NASA oficjalnie dostosowała harmonogram misji Artemis III i nie wyląduje na Księżycu w 2024 roku. Agencja zamierza wylądować pierwszą kobietą i następnym Amerykaninem na powierzchni Księżyca najwcześniej w 2025 roku-poinformował administrator NASA Bill Nelson. NASA początkowo miała na celu datę startu na 2028 rok, ale administracja Trumpa przesunęła tę datę o cztery lata wstecz w 2017 roku. W rozmowie konferencyjnej z dziennikarzami Nelson powiedział: “cel administracji Trumpa w 2024 r. lądowania ludzi nie był uzasadniony wykonalnością techniczną.”
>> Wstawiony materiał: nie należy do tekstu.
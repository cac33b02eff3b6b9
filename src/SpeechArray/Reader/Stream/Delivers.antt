-- ===== src/SpeechArray/Reader/Stream/Delivers.antt =====
-- What a caller of `SpeechArrayRead` of speech/src/speecharray.c gets from a stream of samples, whatever
-- the lengths it asks for.
use program_learning.Prelude.{
  ℕ, zero, suc, ◌+◌, ◌-◌, ◌*◌, ◌/◌, ◌%◌, ◌≤◌, ◌<◌, ◌≡◌, refl, ap, sym, ◌∙◌, some, List, [], ◌∷◌,
  ◌++◌, arith, length, take, drop, map, length-take, length-drop, length-append, subst, drop-add,
}
use program_learning.Prelude.Int.{ℤ}
use program_learning.SpeechArray.Format.{samples}
use program_learning.SpeechArray.Skip.{Sounds}
use program_learning.SpeechArray.Samples.{IsPlain, mix, IsPlain-split, mix-split}
use program_learning.SpeechArray.Reader.{Handle, Delivery, read_size, speech_array_read}
use program_learning.SpeechArray.Reader.Plain.{
  enough, speech_array_read-delivers, speech_array_read-still,
}
use program_learning.SpeechArray.Reader.Steady.{Steady, read_size-words, bounded-len, Steady-Ready}
use program_learning.SpeechArray.Reader.Stream.{reads, Streams, ahead}
use program_learning.SpeechArray.Reader.Stream.Front.{plain, mixes, remains, arrived}

abbrev pub sum : List ℕ → ℕ
sum [] = 0
sum (m ∷ ms) = m + sum ms

-- Each length is of whole samples: it needs half of the buffer or more, and leaves room in it for a
-- frame of the device and a sample.
abbrev pub Fit : ℕ → ℕ → List ℕ → Type 0
Fit half a [] = Unit {0}
Fit half a (m ∷ ms) = (half ≤ m * 12) × (m * 12 + a + 11 ≤ 2 * half) × Fit half a ms

-- The buffer when these words have arrived.
abbrev seen : Handle → ℕ → List ℕ → List ℕ
seen h p ws = take p h.buffer ++ ws ++ drop (p + length ws) h.buffer

first-Sounds : (m : ℕ) (ws : List ℕ) → 0 < m → IsPlain m ws → Sounds ws 0
first-Sounds zero ws h p = absurd (omega arith)
first-Sounds (suc m) ws h p = p.0

module _ {σ : Type 0} (pcm_read : σ → ℕ → ℤ × List ℕ × σ) (content : σ → List ℕ) (refusals : ℕ)
    (streams : Streams pcm_read content refusals) (half a : ℕ) where
  -- After a call for `m` samples.
  record Called (h : Handle) (p : ℕ) (dev : σ) (m fuel : ℕ) : Type 0 where
    handle : Handle
    left : ℕ
    next : σ
    steady : Steady handle left half a
    ret : ℕ
    gives :
        speech_array_read pcm_read fuel (some h) (m * 12) dev
        ≡ some (
          some (record {
            ret = ret;
            buff = mix m (ahead pcm_read content h p dev);
            handle = handle;
          }),
          next,
        )
    remains :
        ahead pcm_read content handle left next ≡ drop (m * 12) (ahead pcm_read content h p dev)

  module _ (h : Handle) (p : ℕ) (s : Steady h p half a) (dev : σ) (m : ℕ) (some_samples : 0 < m)
      (large : half ≤ m * 12) (fit : m * 12 + a + 11 ≤ 2 * half)
      (plenty : 2 * half ≤ length (ahead pcm_read content h p dev))
      (good : IsPlain m (ahead pcm_read content h p dev)) where
    has_words : (w : ℕ) → p + w + 11 ≤ 2 * half → w ≤ length (content dev)
    has_words w room = omega (
      arith,
      plenty,
      length-append {0} (take p h.buffer) (content dev),
      length-take p h.buffer,
      s.buffer_size,
    )

    needs : (w : ℕ) → read_size h (m * 12) ≡ 4 * w → p + w + 11 ≤ 2 * half → m * 12 ≤ p + w
    needs w asks room =
        enough pcm_read h p w (2 * half) (Steady-Ready h p half a s (m * 12) large fit w room)
          (m * 12) asks (omega arith)

    whole_len : m * 12 % h.out_align ≡ 0
    whole_len = ap (λ o. m * 12 % o) s.out ∙ (omega arith)

    -- The rest of the stream, when the call has ended.
    ended :
        (fuel w : ℕ) (next : σ) (b : List ℕ)
        → p + w + 11 ≤ 2 * half
        → m * 12 ≤ p + w
        → p + w - m * 12 + 11 ≤ half
        → content next ≡ drop w (content dev)
        → let out = samples 0 (m * 12 / 12 * 12) (seen h p (take w (content dev))) in
          (speech_array_read pcm_read fuel (some h) (m * 12) dev
            ≡ some (
              some (record {
                ret = 4 * length out;
                buff = out;
                handle = record h { buffer = b; data_size = 4 * (p + w - m * 12) };
              }),
              next,
            ))
          → take (p + w - m * 12) b
            ≡ take (p + w - m * 12) (drop (m * 12) (seen h p (take w (content dev))))
          → length b ≡ 2 * half
          → Called h p dev m fuel
    ended fuel w next b room have few rest done kept size = record {
      handle = record h { buffer = b; data_size = 4 * (p + w - m * 12) };
      left = p + w - m * 12;
      next = next;
      steady = record {
        out = s.out;
        size = s.size;
        buffer_size = size;
        left = refl;
        align = s.align;
        ratio_4 = s.ratio_4;
        room = few;
        some_align = s.some_align;
        small = s.small;
      };
      ret = 4 * length out;
      gives =
          done
          ∙ ap
              (λ o. some (
                some (record {
                  ret = 4 * length out;
                  buff = o;
                  handle = record h { buffer = b; data_size = 4 * (p + w - m * 12) };
                }),
                next,
              ))
              (mixes h p half a s (content dev) w m room there have good);
      remains =
          ap (λ l. take (p + w - m * 12) b ++ l) rest
          ∙ remains h p half a s (content dev) w m room there have b kept;
    }
      where
        there : w ≤ length (content dev)
        there = has_words w room

        out : List ℕ
        out = samples 0 (m * 12 / 12 * 12) (seen h p (take w (content dev)))

    -- With no word to ask for, and with some.
    call :
        (f w : ℕ)
        → read_size h (m * 12) ≡ 4 * w
        → p + w + 11 ≤ 2 * half
        → p + w ≤ m * 12 + m * 12
        → p + w - m * 12 + 11 ≤ half
        → refusals < suc f
        → Called h p dev m (suc f)
    call f zero asks room apart few patient =
        let (b, done, kept, size) =
          speech_array_read-still pcm_read h p 0 (2 * half)
            (Steady-Ready h p half a s (m * 12) large fit 0 room) (m * 12) asks (omega arith) []
            refl
            (first-Sounds m _ some_samples (
              plain h p half a s (content dev) 0 m room (has_words 0 room) (needs 0 asks room)
                good))
            f (m * 12) dev refl refl (omega arith) (whole_len)
            (bounded-len h p half a s (m * 12) large fit) apart in
        ended (suc f) 0 dev b room (needs 0 asks room) few refl done kept size
    call f (suc w) asks room apart few patient =
        let (k, dev', next, fails, tried, e, rest) =
          streams.answers dev (suc w) (omega arith) (has_words (suc w) room) in
        let (b, done, kept, size) =
          speech_array_read-delivers pcm_read h p (suc w) (2 * half)
            (Steady-Ready h p half a s (m * 12) large fit (suc w) room) (m * 12) asks (omega arith)
            (take (suc w) (content dev))
            (arrived h p half a s (content dev) (suc w) m room (has_words (suc w) room)
              (needs (suc w) asks room))
            (first-Sounds m _ some_samples (
              plain h p half a s (content dev) (suc w) m room (has_words (suc w) room)
                (needs (suc w) asks room) good))
            (omega arith) (suc f) (m * 12) (omega arith) (whole_len)
            (bounded-len h p half a s (m * 12) large fit) apart fails (omega arith) e in
        ended (suc f) (suc w) next b room (needs (suc w) asks room) few rest done kept size

  reads-step :
      (fuel : ℕ) (h h' : Handle) (len : ℕ) (lens : List ℕ) (dev dev' dev'' : σ) (d : Delivery)
      (out : List ℕ)
      → speech_array_read pcm_read fuel (some h) len dev ≡ some (some d, dev')
      → reads pcm_read fuel d.handle lens dev' ≡ some (out, h', dev'')
      → reads pcm_read fuel h (len ∷ lens) dev ≡ some (d.buff ++ out, h', dev'')
  unfolding reads
  reads-step fuel h h' len lens dev dev' dev'' d out e rest = rw (e, rest) refl

  -- A device that refuses at most so many reads in a row and then gives its content in order, a
  -- handle between two calls, and lengths of whole samples that need at least half of the buffer,
  -- so that no `memcpy` overlaps, and leave room in it for a frame of the device and a sample. What
  -- is left in the handle, and then the content, is a stream whose samples have sound, and there is
  -- enough of it. With fuel for the refusals and one more, calls of `SpeechArrayRead` for these
  -- lengths, one after the other, return: together they give what the samples mix to, each sample
  -- once and in order, however the reads cut the stream. The handle is ready for the next call, and
  -- what is left in it, and then the content, is the rest of the stream.
  pub reads-mix :
      (fuel : ℕ) (ms : List ℕ) (h : Handle) (p : ℕ) (dev : σ)
      → Steady h p half a
      → Fit half a ms
      → refusals < fuel
      → IsPlain (sum ms) (ahead pcm_read content h p dev)
      → sum ms * 12 + 2 * half ≤ length (ahead pcm_read content h p dev)
      → (h' : Handle) × (p' : ℕ) × (dev' : σ) × (reads pcm_read fuel h (map (λ m. m * 12) ms) dev
          ≡ some (mix (sum ms) (ahead pcm_read content h p dev), h', dev'))
        × Steady h' p' half a
        × (ahead pcm_read content h' p' dev' ≡ drop (sum ms * 12) (ahead pcm_read content h p dev))
  unfolding reads
  reads-mix fuel [] h p dev s fit patient good plenty = (h, p, dev, refl, s, refl)
  reads-mix zero (m ∷ ms) h p dev s fit patient good plenty = absurd (omega arith)
  reads-mix (suc f) (m ∷ ms) h p dev s (large, small, fit) patient good plenty =
      let (w, asks, room, apart, few) = read_size-words h p half a s (m * 12) large small in
      let parts =
        IsPlain-split m (sum ms) (m + sum ms) (ahead pcm_read content h p dev) refl good in
      let c =
        call h p s dev m (omega (arith, large, s.small)) large small (omega arith) parts.0 f w asks
          room apart few patient in
      let (h', p', dev', runs, steady, remains') =
        reads-mix (suc f) ms c.handle c.left c.next c.steady fit patient
          (subst (IsPlain (sum ms)) (sym c.remains) parts.1)
          (omega
            (arith, ap length c.remains, length-drop (m * 12) (ahead pcm_read content h p dev))) in
      (
        h',
        p',
        dev',
        reads-step (suc f) h h' (m * 12) (map (λ m. m * 12) ms) dev c.next dev' _ _ c.gives runs
            ∙ ap (λ o. some (o, h', dev'))
                (ap (λ l. mix m (ahead pcm_read content h p dev) ++ mix (sum ms) l) c.remains
                  ∙ sym (mix-split m (sum ms) (m + sum ms) (ahead pcm_read content h p dev) refl)),
        steady,
        remains'
            ∙ ap (drop (sum ms * 12)) c.remains
            ∙ sym (drop-add (m * 12) (sum ms * 12) (ahead pcm_read content h p dev))
            ∙ ap (λ k. drop k (ahead pcm_read content h p dev)) (omega arith),
      )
Oprócz nierealistycznego terminu, Nelson obwiniał proces Blue Origin przeciwko Agencji za opóźnienie. Musiał zawiesić kontrakt z firmą SpaceX i wstrzymać prace nad lądownikiem księżycowym, który miał zabrać astronautów na powierzchnię Księżyca kilka razy. NASA straciła w rezultacie prawie siedem miesięcy pracy nad lądownikiem, co wywołało wątpliwości co do lądowania w 2024 roku jeszcze przed ogłoszeniem przez Nelsona.
Jeśli pamiętacie, NASA przyznała Spacexowi 2,9 miliarda dolarów kontraktu na opracowanie kosmicznego systemu lądowania na Księżycu w kwietniu. Agencja współpracuje z więcej niż jednym wykonawcą dla każdej misji, ale w tym przypadku zawarła umowę z samą firmą Elona Muska. Blue Origin Jeff Bezos pozwał NASA za tę decyzję, argumentując, że nie dano mu szansy na zmianę oferty na projekt.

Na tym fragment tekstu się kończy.